While the invention has been particularly shown and described with respect to preferred embodiments thereof, it should be understood by those skilled in the art that the foregoing and other changes in form and detail may be made therein without departing from the spirit and scope of the invention as defined in the appended claims.

Claims

1. A television receiver integrally provided with an antenna function for receiving broadcast signals, comprising:

an antenna group having plural directivities and including plural antennas formed in plural positions on inner and outer surfaces of walls of a cabinet of the television receiver and/or on nonmetallic surfaces of components arranged in the cabinet so as to conform to shapes of the corresponding surfaces, respectively; and

a switching control unit capable of specifying a directivity for the antenna group to receive broadcast signals by the antenna group.

2. The television receiver according to claim 1, wherein at least some of the plural antennas are formed on the inner surface of a rear wall of the cabinet.

3. The television receiver according to claim 1, wherein at least some of the plural antennas are substantially horizontally orientated.

4. The television receiver according to claim 3, wherein at least some of the plural antennas are substantially vertically oriented.

5. The television receiver according to claim 1, wherein each of the antennas is formed by attaching a metal part having the shape of a dipole antenna to the corresponding surface.

6. The television receiver according to claim 1, wherein the switching control unit repeats a procedure for adjusting the phases of the broadcast signals received by the antennas, synthesizing the phase-adjusted signals to generate a composite signal, and determining a error rate of a frequency signal extracted from the composite signal plural cycles for different phase adjustments for the broadcast signals received by the antennas, the switching control unit uses a phase adjustment for the cycle in which a minimum error rate is determined for adjusting the phases of the broadcast signals received by the antennas to specify a directivity for the antenna group.

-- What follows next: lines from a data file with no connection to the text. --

-- ===== src/Gate/Postgres/Audit.antt =====
-- internal/application/gate/audit.go: PostgresAuditStore, with its statements as parameters over the
-- contents `W` of the database.
use keelmesh.Prelude.{
  String, Option, none, some, List, [], ◌∷◌, ◌==◌, if◌then◌else◌, ℤ, pos, pos_part, ℕ, ltb_ℤ,
  Result, ok, err, Error, wrap, ◌>>=◌,
}
use keelmesh.Gate.Types.{AuditEvent}
use keelmesh.Gate.Postgres.{wrapped}

-- `insert_event` takes the event with its date as it is; `select_events` takes the `LIMIT`, if there is
-- one, counts from the oldest event, and scans events without their task's id.
pub record AuditSql (W : Type 0) : Type 0 where
  pub insert_event : W → AuditEvent → W × Option Error
  pub select_events : W → String → Option ℕ → Result (List (Result AuditEvent) × Option Error)

-- The loop of `List` over the rows.
unfoldable pub scan_audit :
    String → List (Result AuditEvent) → Option Error → Result (List AuditEvent)
scan_audit id [] none = ok []
scan_audit id [] (some e) = err (wrap "gatecore: iterate audit events: %w" [] e)
scan_audit id (err e ∷ rest) failure = err (wrap "gatecore: scan audit event: %w" [] e)
scan_audit id (ok event ∷ rest) failure =
    scan_audit id rest failure >>= λ events. ok (record event { task_id = id } ∷ events)

module _ {W : Type 0} (sql : AuditSql W) where
  unfoldable pub append : String → W → AuditEvent → W × Option Error
  append uuid w event =
      wrapped "gatecore: append audit event: %w" []
        (sql.insert_event w (record event { id = if event.id == "" then uuid else event.id }))

  unfoldable pub list : W → String → ℤ → Result (List AuditEvent)
  unfolding scan_audit
  list w id limit =
      elim (sql.select_events w id (if ltb_ℤ (pos 0) limit then some (pos_part limit) else none)) [
        | err e ↦ err (wrap "gatecore: list audit events: %w" [] e)
        | ok (rows, failure) ↦ scan_audit id rows failure
      ]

7. A liquid crystal television receiver integrally provided with an antenna function for receiving broadcast signals, comprising:

a rear cabinet including a rear wall, an upper wall and right and left side walls;

an antenna group having plural directivities and including six or more antennas of metal foil having the shape of a dipole antenna and arranged symmetrically with respect to a vertical central plane of the rear wall on six or more positions of a continuous area including inner surfaces of the rear wall, the upper wall and the right and left side walls; and

a switching control unit for determining a directivity for the antenna group and making the antenna group receive broadcast signals;

at least one set of the antennas symmetrical with respect to the vertical central plane among the antennas is formed on the inner surface of the rear wall in a substantially horizontal orientation, and

the switching control unit repeats a procedure for adjusting the phases of the broadcast signals received by the antennas, synthesizing the phase-adjusted signals to generate a composite signal and determining an error rate in a signal of a predetermined frequency extracted from the composite signal plural cycles, which change phase adjustments for the broadcast signals received by the antennas;

the switching control unit further determines a directivity for the antenna group by adjusting the phases of the broadcast signals received by the antennas by using the phase adjustments used by the cycle in which a minimum error rate is determined.